Porostimur.com, Ternate – Kepolisian Daerah (Polda) Maluku Utara (Malut), pada Senin (29/8/2022) mengelar konferensi pers pengungkapan 6 kasus penyalahgunaan BBM subsidi, dengan rincian 2 Kasus ditangani Polres Ternate, Polres Halteng 2 Polres Halsel 1 dan Polres Kepulauan Sula 1 Kasus
Dalam kasus ini polisi berhasil mengamankan sebanyak 11 orang tersangka yakni :
- Polres Ternate (3 Orang) dengan inisial NP (27), YW (48) dan AP (31).
- Polres Halteng (2 Orang) dengan inisial MM (28) dan ABL (22)
- Polres Halsel (4 Orang) Dengan insial RL, S, J (46), dan YH (30).
- Polres Kepulauan Sula (2 Orang) Inisial S dan U
Kabid Humas Polda Maluku Utara Kombes Pol Michael Irwan Tamsil mengatakan, barang bukti yang diamanakan polisi berupa 1 tangki BBM berisi BBM subsidi jenis solar dengan jumlah 12.000 liter/12 ton yang berada di areal camp posi-posi PT BB di Kabupaten Halsel dan 1.250 Liter BBM Subsidi jenis minyak tanah yang diisi dalam 50 Jerigen.
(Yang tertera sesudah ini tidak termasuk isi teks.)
-- ===== src/Program/Show/Stat/Perms.antt =====
-- The string that `format_perms` of src/procenv.c makes of a mode, in octal.
use procenv.Prelude.{
  ℕ, ◌+◌, ◌*◌, ◌/◌, ◌%◌, ◌<◌, ◌≡◌, ◌∙◌, refl, ap, Bool, true, false, ◌==◌, if◌then◌else◌, Bytes, [],
  ◌∷◌, ◌++◌, codes, arith,
}
use procenv.Program.Show.Stat.{bit, mark, override, format_perms}

-- A digit of a mode in octal.
pub data Octal : Type 0 where
  o0 o1 o2 o3 o4 o5 o6 o7 : Octal

abbrev pub value : Octal → ℕ
value o0 = 0
value o1 = 1
value o2 = 2
value o3 = 3
value o4 = 4
value o5 = 5
value o6 = 6
value o7 = 7

-- The permissions of a digit, as ls(1) prints them.
abbrev pub rwx : Octal → Bytes
rwx o0 = codes "---"
rwx o1 = codes "--x"
rwx o2 = codes "-w-"
rwx o3 = codes "-wx"
rwx o4 = codes "r--"
rwx o5 = codes "r-x"
rwx o6 = codes "rw-"
rwx o7 = codes "rwx"

-- The first digit: set-user-id is 4, set-group-id is 2, and the sticky bit is 1.
abbrev pub special : Octal → Bool × Bool × Bool
special o0 = (false, false, false)
special o1 = (false, false, true)
special o2 = (false, true, false)
special o3 = (false, true, true)
special o4 = (true, false, false)
special o5 = (true, false, true)
special o6 = (true, true, false)
special o7 = (true, true, true)

-- A letter in place of the last of three.
abbrev pub marked : Bool → ℕ → Bytes → Bytes
marked true c (r ∷ w ∷ x ∷ t) = r ∷ w ∷ c ∷ t
marked b c t = t

-- A type and four octal digits.
abbrev pub mode_of : ℕ → Octal → Octal → Octal → Octal → ℕ
mode_of kind s u g o = kind * 4096 + value s * 512 + value u * 64 + value g * 8 + value o

value-less : (d : Octal) → value d < 8
value-less o0 = omega arith
value-less o1 = omega arith
value-less o2 = omega arith
value-less o3 = omega arith
value-less o4 = omega arith
value-less o5 = omega arith
value-less o6 = omega arith
value-less o7 = omega arith

-- Digits below a power of two do not reach the bits above.
module _ (kind s u g o : ℕ) (hs : s < 8) (hu : u < 8) (hg : g < 8) (ho : o < 8) where
  abbrev all : ℕ
  all = kind * 4096 + s * 512 + u * 64 + g * 8 + o

  other_digit : (all % 8) ≡ o
  other_digit = omega arith

  group_digit : (all / 8) % 8 ≡ g
  group_digit = omega arith

  user_digit : (all / 64) % 8 ≡ u
  user_digit = omega arith

  special_digit : (all / 512) % 8 ≡ s
  special_digit = omega arith

  kind_digit : kind < 16 → (all / 4096) % 16 ≡ kind
  kind_digit h = omega arith

-- Three characters from a digit, the last with a mark for a special bit.
abbrev row : Bool → ℕ → ℕ → Bytes → Bytes
row b c d rest =
    mark (bit 2 d) b'r' ∷ mark (bit 1 d) b'w' ∷ override b c (mark (bit 0 d) b'x') ∷ rest

-- A bit of a mode is one of a digit.
by_digits :
    (m : ℕ)
    → format_perms m
      ≡ (if (m / 4096) % 16 == 10 then b'l' else b'-')
        ∷ row
            (bit 2 (m / 512 % 8))
            b's'
            (m / 64 % 8)
            (row (bit 1 (m / 512 % 8)) b's' (m / 8 % 8) (row (bit 0 (m / 512 % 8)) b't' (m % 8) []))
unfolding format_perms
by_digits m =
    let b8 : bit 8 m ≡ bit 2 (m / 64 % 8) = ap (λ n. n == 1) (omega arith) in
    let b7 : bit 7 m ≡ bit 1 (m / 64 % 8) = ap (λ n. n == 1) (omega arith) in
    let b6 : bit 6 m ≡ bit 0 (m / 64 % 8) = ap (λ n. n == 1) (omega arith) in
    let b5 : bit 5 m ≡ bit 2 (m / 8 % 8) = ap (λ n. n == 1) (omega arith) in
    let b4 : bit 4 m ≡ bit 1 (m / 8 % 8) = ap (λ n. n == 1) (omega arith) in
    let b3 : bit 3 m ≡ bit 0 (m / 8 % 8) = ap (λ n. n == 1) (omega arith) in
    let b2 : bit 2 m ≡ bit 2 (m % 8) = ap (λ n. n == 1) (omega arith) in
    let b1 : bit 1 m ≡ bit 1 (m % 8) = ap (λ n. n == 1) (omega arith) in
    let b0 : bit 0 m ≡ bit 0 (m % 8) = ap (λ n. n == 1) (omega arith) in
    let b11 : bit 11 m ≡ bit 2 (m / 512 % 8) = ap (λ n. n == 1) (omega arith) in
    let b10 : bit 10 m ≡ bit 1 (m / 512 % 8) = ap (λ n. n == 1) (omega arith) in
    let b9 : bit 9 m ≡ bit 0 (m / 512 % 8) = ap (λ n. n == 1) (omega arith) in
    rw (b8, b7, b6, b5, b4, b3, b2, b1, b0, b11, b10, b9) refl

row-marked :
    (b : Bool) (c : ℕ) (d : Octal) (rest : Bytes)
    → row b c (value d) rest ≡ marked b c (rwx d) ++ rest
row-marked true c o0 rest = refl
row-marked true c o1 rest = refl
row-marked true c o2 rest = refl
row-marked true c o3 rest = refl
row-marked true c o4 rest = refl
row-marked true c o5 rest = refl
row-marked true c o6 rest = refl
row-marked true c o7 rest = refl
row-marked false c o0 rest = refl
row-marked false c o1 rest = refl
row-marked false c o2 rest = refl
row-marked false c o3 rest = refl
row-marked false c o4 rest = refl
row-marked false c o5 rest = refl
row-marked false c o6 rest = refl
row-marked false c o7 rest = refl

-- The three bits of the first digit.
special-bits : (s : Octal) → (bit 2 (value s), bit 1 (value s), bit 0 (value s)) ≡ special s
special-bits o0 = refl
special-bits o1 = refl
special-bits o2 = refl
special-bits o3 = refl
special-bits o4 = refl
special-bits o5 = refl
special-bits o6 = refl
special-bits o7 = refl

-- The letters for three special bits and three digits.
abbrev pub letters : Bool × Bool × Bool → Octal → Octal → Octal → Bytes
letters b u g o =
    marked b.0 b's' (rwx u) ++ (marked b.1 b's' (rwx g) ++ (marked b.2 b't' (rwx o) ++ []))

rows :
    (s u g o : Octal)
    → row
        (bit 2 (value s))
        b's'
        (value u)
        (row (bit 1 (value s)) b's' (value g) (row (bit 0 (value s)) b't' (value o) []))
      ≡ letters (special s) u g o
rows s u g o =
    let b = bit 2 (value s) in
    let c = bit 1 (value s) in
    let d = bit 0 (value s) in
    let others = row-marked d b't' o [] in
    let groups =
      row-marked c b's' g (row d b't' (value o) []) ∙ ap (◌++◌ (marked c b's' (rwx g))) others in
    row-marked b b's' u (row c b's' (value g) (row d b't' (value o) []))
    ∙ ap (◌++◌ (marked b b's' (rwx u))) groups
    ∙ ap (λ x. letters x u g o) (special-bits s)

-- `format_perms` of a mode that is a type and four octal digits gives "l" for a symbolic link and "-"
-- for any other type, and then for each of the last three digits the three letters that ls(1)
-- prints for it, where set-user-id and set-group-id put an "s" in the place of the execute letter of
-- the user and of the group, and the sticky bit a "t" in that of the others, whether the execute bit
-- is set or not. Condition: the type is less than 16.
pub format_perms-octal :
    (kind : ℕ) (s u g o : Octal)
    → kind < 16
    → format_perms (mode_of kind s u g o)
      ≡ (if kind == 10 then b'l' else b'-') ∷ letters (special s) u g o
format_perms-octal kind s u g o h =
    let p = value-less in
    rw
      (
        by_digits (mode_of kind s u g o),
        kind_digit kind (value s) (value u) (value g) (value o) (p s) (p u) (p g) (p o) h,
        special_digit kind (value s) (value u) (value g) (value o) (p s) (p u) (p g) (p o),
        user_digit kind (value s) (value u) (value g) (value o) (p s) (p u) (p g) (p o),
        group_digit kind (value s) (value u) (value g) (value o) (p s) (p u) (p g) (p o),
        other_digit kind (value s) (value u) (value g) (value o) (p s) (p u) (p g) (p o),
      )
      (ap (λ t. (if kind == 10 then b'l' else b'-') ∷ t) (rows s u g o))
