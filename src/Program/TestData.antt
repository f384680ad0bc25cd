-- ===== src/Program/TestData.antt =====
-- A platform and a world for small runs.
use procenv.Prelude.{
  List, ℤ, Bytes, negsuc, ltb, if◌then◌else◌, ℕ, none, some, [], ◌∷◌, Bool, true, false, pos, codes,
  leb, pure,
}
use procenv.Pstring.{Decode}
use procenv.Output.{same}
use procenv.Program.Show.{Ops}
use procenv.Program.Show.Process.{Accounts}
use procenv.Program.Show.Stat.{Files}
use procenv.Program.Show.Network.{Ifaddr, Families, host}
use procenv.Program.Main.{World}

-- ASCII.
abbrev pub ascii : Decode
ascii t = some t

abbrev pub printable : ℕ → Bool
printable c = leb 32 c

-- A platform that provides nothing.
abbrev pub no_ops : Ops
no_ops = record {
  driver_name = codes "none";
  driver_file = codes "none";
  signal_map = [];
  if_flag_map = [];
  personality_map = [];
  personality_flag_map = [];
  get_kernel_bits = none;
  show_capabilities = none;
  show_cgroups = none;
  show_clocks = none;
  show_confstrs = none;
  show_cpu_affinities = none;
  show_cpu = none;
  show_extended_if_flags = none;
  show_fds = none;
  show_io_priorities = none;
  show_mounts = none;
  show_msg_queues = none;
  show_namespaces = none;
  show_oom = none;
  show_prctl = none;
  show_rlimits = none;
  show_security_module = none;
  show_semaphores = none;
  show_shared_mem = none;
  show_timezone = none;
  show_libs = none;
  handle_memory = none;
  handle_numa_memory = none;
  handle_proc_branch = none;
  handle_scheduler_type = none;
  in_vm = none;
}

abbrev pub root_account : Accounts
root_account = record { getpwuid = λ u. some (codes "root"); getgrgid = λ g. some (codes "wheel") }

abbrev pub test_files : Files
test_files = record {
  exists = λ p. same p (codes "/bin/ls");
  cwd = codes "/";
  path = codes "/opt:/bin:/usr";
  path_max = 4096;
}

abbrev pub test_families : Families
test_families = record {
  af_inet = 2;
  af_inet6 = 10;
  link_level = 17;
  iff_broadcast = 2;
  iff_pointopoint = 16;
}

-- An interface of a family.
abbrev pub loopback : ℕ → Ifaddr
loopback family = record {
  ifa_name = codes "lo";
  ifa_flags = 73;
  ifa_addr = some (record { family = family; nameinfo = host (codes "127.0.0.1") });
  ifa_netmask = none;
  ifa_broadaddr = none;
  ifa_dstaddr = none;
  hwaddr = none;
  mtu = pos 65536;
}

-- The order of bytes.
abbrev pub strcmp : Bytes → Bytes → ℤ
strcmp [] [] = pos 0
strcmp [] (y ∷ t) = negsuc 0
strcmp (x ∷ s) [] = pos 1
strcmp (x ∷ s) (y ∷ t) =
    let rest = strcmp s t in if ltb x y then negsuc 0 else if ltb y x then pos 1 else rest

abbrev pub insert_at : (Bytes → Bytes → ℤ) → Bytes → List Bytes → List Bytes
insert_at compar x [] = x ∷ []
insert_at compar x (y ∷ ys) =
    let rest = insert_at compar x ys in elim (compar y x) [ negsuc n ↦ y ∷ rest | _ ↦ x ∷ y ∷ ys ]

abbrev pub insertion_sort : (Bytes → Bytes → ℤ) → List Bytes → List Bytes
insertion_sort compar [] = []
insertion_sort compar (x ∷ xs) = insert_at compar x (insertion_sort compar xs)

abbrev pub test_world : World
test_world = record {
  build_package = record {
    name = codes "procenv";
    version = codes "1";
    string = codes "procenv 1";
    mode = codes "privileged";
    format_version = codes "2";
  };
  build = record {
    package_name = codes "procenv";
    package_version = codes "1";
    package_string = codes "procenv 1";
    authors = codes "a";
    reproducible = false;
    format_version = 2;
  };
  ops = no_ops;
  argv = codes "procenv" ∷ codes "-A" ∷ [];
  user = record {
    passwd = record {
      pw_name = codes "root";
      pw_gecos = [];
      pw_dir = codes "/root";
      pw_shell = codes "/bin/sh";
      pw_gid = 0;
    };
    proc_name = codes "procenv";
    ctrl_terminal = codes "/dev/tty";
    pid = pos 7;
    ppid = pos 1;
    sid = pos 7;
    login = none;
    pgroup = pos 7;
    fg_pgroup = pos 7;
    uid = 0;
    euid = 0;
    suid = 0;
    gid = 0;
    egid = 0;
    sgid = 0;
    has_ctty = true;
    is_console = false;
  };
  accounts = root_account;
  getgroups = λ size. some [];
  group_rounds = 2;
  qsort = λ compar. insertion_sort compar;
  strcoll = strcmp;
  environ = codes "A=b" ∷ [];
  getenv = λ name. none;
  priority = record { process = pos 0; pgrp = pos 0; user = pos 0 };
  pagesize = pos 4096;
  uts = record {
    sysname = codes "s";
    nodename = codes "n";
    release = codes "r";
    version = codes "v";
    machine = codes "m";
    domainname = none;
  };
  sysconf_map = [];
  sysconf = λ n. pos 0;
  rusage = none;
  char_bit = 8;
  types = [];
  locale_map = [];
  setlocale = λ n. none;
  policies = [];
  threads = record {
    stack_size = 8192;
    scope_system = some true;
    guard_size = some 4096;
    schedparam = none;
    inherit_sched = none;
    concurrency = none;
  };
  target = record {
    os = codes "Linux";
    arch = codes "x64";
    sizeof_int = 4;
    sizeof_long = 8;
    sizeof_long_long = 8;
    sizeof_pointer = 8;
    char_bit = 8;
    one = 1 ∷ 0 ∷ 0 ∷ 0 ∷ [];
  };
  clock = none;
  sigprocmask = true;
  signals = record { sigismember = λ n. pos 0; sigaction = λ n. none; strsignal = λ n. none };
  files = test_files;
  query = λ p. none;
  program_name = codes "procenv";
  families = test_families;
  ifaddrs = none;
  misc = record {
    umask_value = 18;
    cwd = codes "/";
    root = codes "/";
    roots = record { root = some 2; bsd_self = false; self = some 2 };
    container = record { console = none; vz = false; bc = false; status = none };
    linux_version_code = none;
    personality = 0;
  };
  show_libc = pure tt;
  show_compiler = pure tt;
  show_ranges = pure tt;
  show_tty_attrs = pure tt;
  usage = pure tt;
}
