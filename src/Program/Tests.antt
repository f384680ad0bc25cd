-- ===== src/Program/Tests.antt =====
-- Small runs of the program.
use procenv.Program.Show.Process.Runs.{proc_node, AreNamed}
use mathlib.Core.List.Perm
use procenv.Prelude.{
  Option, Bytes, if◌then◌else◌, ◌≡◌, ◌↔◌, refl, none, some, [], ◌∷◌, false, pos, ok, halt,
  undefined, codes, arith,
}
use procenv.Pstring.{then_do, char_to_pstring, char_to_wchar, pstring_create}
use procenv.Printf.{vsnprintf, vswprintf}
use procenv.StringUtil.{wmappendva, wappendva, wappendva_loop, wappendva_finish, pstring_of_buffer}
use procenv.Output.{State, initial, same, json, ElementType}
use procenv.Output.Elements.{name_to_wide_name, name_text, value_text}
use procenv.Output.Elements.Steps.{on, indentation, IsReady}
use procenv.Output.Encode.{
  encode_string, output_translate, extra_of, extra_for, encode_non_printables, non_printables,
}
use procenv.Document.{Nodes, nil, cons, end, section, EncodesNodes, room}
use procenv.Document.Json.Whole.{json_document}
use procenv.Program.Emits.{Emits}
use procenv.Program.Fails.{Fails}
use procenv.Program.Environment.{exec_args_of}
use procenv.Program.Environment.Exec.{Splits, exec_args_of-Splits}
use procenv.Program.Tokens.{fields}
use procenv.Program.Show.Runs.{missing}
use procenv.Program.Show.Meta.Runs.{string_field, version_node}
use procenv.Program.Show.Tables.{thread_sched_policy_map, show_thread_scheduler}
use procenv.Program.Show.Tables.Runs.{show_thread_scheduler_overrun}
use procenv.Program.Show.Process.{qsort_compar, sort_strings, query_groups, groups_value}
use procenv.Program.Show.Process.Groups.{group_line, Sorts, IsList, groups_value_sorted, answer}
use procenv.Program.Show.Stat.{Files, has_slash, get_path, format_perms}
use procenv.Program.Show.Stat.Path.{with_slash, no_slash, get_path-first, get_path-empty_element}
use procenv.Program.Show.Stat.Perms.{mode_of, o4, o5, o7, format_perms-octal}
use procenv.Program.Show.Network.{show_network}
use procenv.Program.Show.Network.Plan.{plan, Shows, HasEntry}
use procenv.Program.Show.Network.Whole.{plan_nodes, show_network-exact}
use procenv.Program.Show.Misc.{get_personality_flags}
use procenv.Program.Show.Misc.Personality.{get_personality_flags_lem}
use procenv.Program.Main.{World, proc, version, find_display, show_display}
use procenv.Program.Main.Displays.{of_proc, groups_text, of_version}
use procenv.Program.Main.Runs.{show_display-Emits}
use procenv.Program.Options.{letter, long, flags_of, options_loop, run_main, main}
use procenv.Program.Options.Single.{run_main-json}
use procenv.Program.Options.Whole.{json_start, command_of, main-json}
use procenv.Program.Options.Order.{late_option-Fails}
use procenv.Program.TestData.{
  insertion_sort, strcmp, ascii, printable, no_ops, root_account, test_files, test_families,
  loopback, test_world,
}

-- A process with two supplementary groups.
abbrev grouped_world : World
grouped_world = record test_world { getgroups = answer (5 ∷ 0 ∷ []); group_rounds = 4 }

root-AreNamed : AreNamed root_account grouped_world.user
root-AreNamed = record { uid = refl; euid = refl; gid = refl; egid = refl }

show_display_example : Emits ascii printable (show_display ascii printable grouped_world proc) (
    cons
      (proc_node ascii nil root_account grouped_world.user
        (cons (string_field ascii (codes "groups") (groups_text grouped_world (5 ∷ 0 ∷ []))) nil))
      nil)
show_display_example = show_display-Emits ascii printable grouped_world (
    of_proc 5 (0 ∷ []) 3 missing root-AreNamed refl
      ((codes "wheel", refl), ((codes "wheel", refl), tt)) refl (omega arith))

-- procenv -U -A --format=json
late_option_example : Fails (
    options_loop ascii printable test_world
      (letter b'U' ∷ letter b'A' ∷ long (codes "format") (codes "json") ∷ [])
      (record { done = false; reexec = false; exec_args = none }))
late_option_example =
    late_option-Fails ascii printable test_world b'U' (letter b'A' ∷ []) (codes "format")
      (codes "json") [] (record { done = false; reexec = false; exec_args = none })
      (unfold same in refl)

exec_args_of_example : Splits (codes "ls -l  /") (exec_args_of (codes "ls -l  /"))
exec_args_of_example = exec_args_of-Splits (codes "ls -l  /")

-- A slash at the end of one element only.
abbrev files_with_slash : Files
files_with_slash = record test_files { path = codes "/opt:/bin/:/usr" }

get_path-first_example : get_path files_with_slash (codes "ls") ≡ ok (some (codes "/bin/ls"))
unfolding has_slash fields same
get_path-first_example =
    get_path-first files_with_slash (codes "ls") (codes "/opt" ∷ []) (codes "/usr" ∷ [])
      (codes "/bin/") (codes "/bin/ls") refl refl
      ((codes "/opt/ls", no_slash (codes "/op") b't' (omega arith), omega arith, refl), tt)
      (with_slash (codes "/bin"), omega arith, refl)

abbrev files_with_empty : Files
files_with_empty = record test_files { path = codes "/opt::/bin" }

get_path-empty_element_example : get_path files_with_empty (codes "ls") ≡ halt undefined
unfolding has_slash fields same
get_path-empty_element_example =
    get_path-empty_element files_with_empty (codes "ls") (codes "/opt" ∷ []) (codes "/bin" ∷ [])
      refl refl
      ((codes "/opt/ls", no_slash (codes "/op") b't' (omega arith), omega arith, refl), tt)

-- 4755 and a regular file
format_perms_example : format_perms (mode_of 8 o4 o7 o5 o5) ≡ codes "-rwsr-xr-x"
format_perms_example = format_perms-octal 8 o4 o7 o5 o5 (omega arith)

-- The names of the groups 5 and 0.
abbrev wheel_5 : Bytes
wheel_5 = group_line root_account 5

abbrev wheel_0 : Bytes
wheel_0 = group_line root_account 0

wheels-Sorts : Sorts insertion_sort (qsort_compar strcmp) (wheel_5 ∷ wheel_0 ∷ [])
unfolding vsnprintf qsort_compar
wheels-Sorts = record { rearranges = Perm.swap wheel_0 wheel_5 []; orders = (tt, tt) }

groups_value_example : IsList root_account insertion_sort strcmp 0 (5 ∷ 0 ∷ []) (
    then_do
      (query_groups 4 (answer (5 ∷ 0 ∷ [])) 32)
      (groups_value root_account (sort_strings insertion_sort strcmp) 0))
groups_value_example =
    groups_value_sorted root_account insertion_sort strcmp 0 5 (0 ∷ []) 3
      ((codes "wheel", refl), ((codes "wheel", refl), tt)) wheels-Sorts (omega arith)

get_personality_flags_example :
    get_personality_flags ((codes "A", 1) ∷ (codes "B", 2) ∷ (codes "C", 4) ∷ []) 5
    ≡ ok (some (codes "A, C"))
get_personality_flags_example =
    get_personality_flags_lem ((codes "A", 1) ∷ (codes "B", 2) ∷ (codes "C", 4) ∷ []) 5

abbrev json_state : State
json_state = record initial { output_format = json; wide_indent_char = b' ' }

-- SCHED_BATCH
show_thread_scheduler_example :
    show_thread_scheduler ascii printable
      (thread_sched_policy_map 0 1 2)
      (some (3, pos 0))
      json_state
    ≡ halt undefined
show_thread_scheduler_example =
    show_thread_scheduler_overrun ascii printable (thread_sched_policy_map 0 1 2) 3 (pos 0)
      json_state ((λ e. omega arith), ((λ e. omega arith), ((λ e. omega arith), tt)))

show_network_example :
    Emits ascii printable
      (show_network ascii printable no_ops test_families (some (loopback 17 ∷ loopback 2 ∷ [])))
      (cons
        (section (codes "network") (
          plan_nodes ascii no_ops test_families
            (λ n. end)
            (plan test_families (loopback 17 ∷ loopback 2 ∷ []) [])))
        nil)
    × (Shows (codes "lo") (plan test_families (loopback 17 ∷ loopback 2 ∷ []) [])
        ↔ HasEntry (codes "lo") (loopback 17 ∷ loopback 2 ∷ []))
show_network_example =
    show_network-exact ascii printable no_ops test_families (λ n. end) (λ n. missing)
      (loopback 17 ∷ loopback 2 ∷ []) (codes "lo")

json_state-IsReady : IsReady json_state 2
json_state-IsReady = record { amount = refl; wide = omega arith }

abbrev version_tree : Nodes
version_tree = cons (version_node ascii test_world.build) nil

version-EncodesNodes : EncodesNodes ascii printable json version_tree
unfolding EncodesNodes name_text value_text name_to_wide_name char_to_pstring char_to_wchar
    pstring_create encode_string output_translate extra_of extra_for encode_non_printables
    non_printables wmappendva wappendva wappendva_loop wappendva_finish pstring_of_buffer vswprintf
version-EncodesNodes = ((refl, ((refl, refl), ((refl, refl), ((refl, refl), tt)))), tt)

-- procenv -v
run_main_example :
    (l : ElementType) × (run_main ascii printable test_world
        (letter b'v' ∷ [])
        []
        (flags_of none)
        (on json_state [] 0 ElementType.no_element ElementType.no_element)
      ≡ ok (
        none,
        on json_state
            (json_document ascii printable (indentation json_state) 2 version_tree)
            0
            l
            ElementType.object_close,
      ))
unfolding find_display room
run_main_example =
    run_main-json ascii printable test_world json_state 2 json_state-IsReady refl
      (λ e. omega (arith, e)) b'v' version version_tree [] none refl of_version version-EncodesNodes
      (omega arith)

-- PROCENV_FORMAT=json PROCENV_EXEC="ls -l" procenv -v
abbrev two_settings : Bytes → Option Bytes
two_settings name =
    if same name (codes "PROCENV_FORMAT")
    then some (codes "json")
    else if same name (codes "PROCENV_EXEC")
    then some (codes "ls -l")
    else none

main_example :
    (l : ElementType) × (main ascii printable test_world two_settings (letter b'v' ∷ []) [] initial
      ≡ ok (
        some (command_of (codes "ls -l")),
        on json_start
            (json_document ascii printable (indentation json_start) 2 version_tree)
            0
            l
            ElementType.object_close,
      ))
unfolding find_display room same
main_example =
    main-json ascii printable test_world two_settings (codes "ls -l") b'v' version version_tree []
      refl refl (refl, (refl, (refl, (refl, (refl, (refl, (refl, tt))))))) refl refl of_version
      version-EncodesNodes (omega arith)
“Dan juga BBM subsidi jenis pertalite sebanyak 750 liter yang diisi dalam jerigen 30 buah, dan BBM subsidi jenis solar dalam tengki illegal dengan jumlah kuang lebih 600 liter, BBM jenis Dexlite sebanyak 5.000 Liter/ 5 Ton beserta nota barang dan Mobil tangki warna merah dengan Nopol DG 8140 KU, 1 Unit kendaraan Calya warna putih dengan Nopol DW 1650 LQ yang mengangkut BBM jenis Pertalite, Mobil Pick Up warna putih Nopol DG 8273 KC 9) Kunci tangki BBM,” ucap Michael
Untuk pasal yang dilanggar, yakni Pasal 53 UU No 22 Tahun 2001 Tentang Minyak dan Gas Bumi. (Amir)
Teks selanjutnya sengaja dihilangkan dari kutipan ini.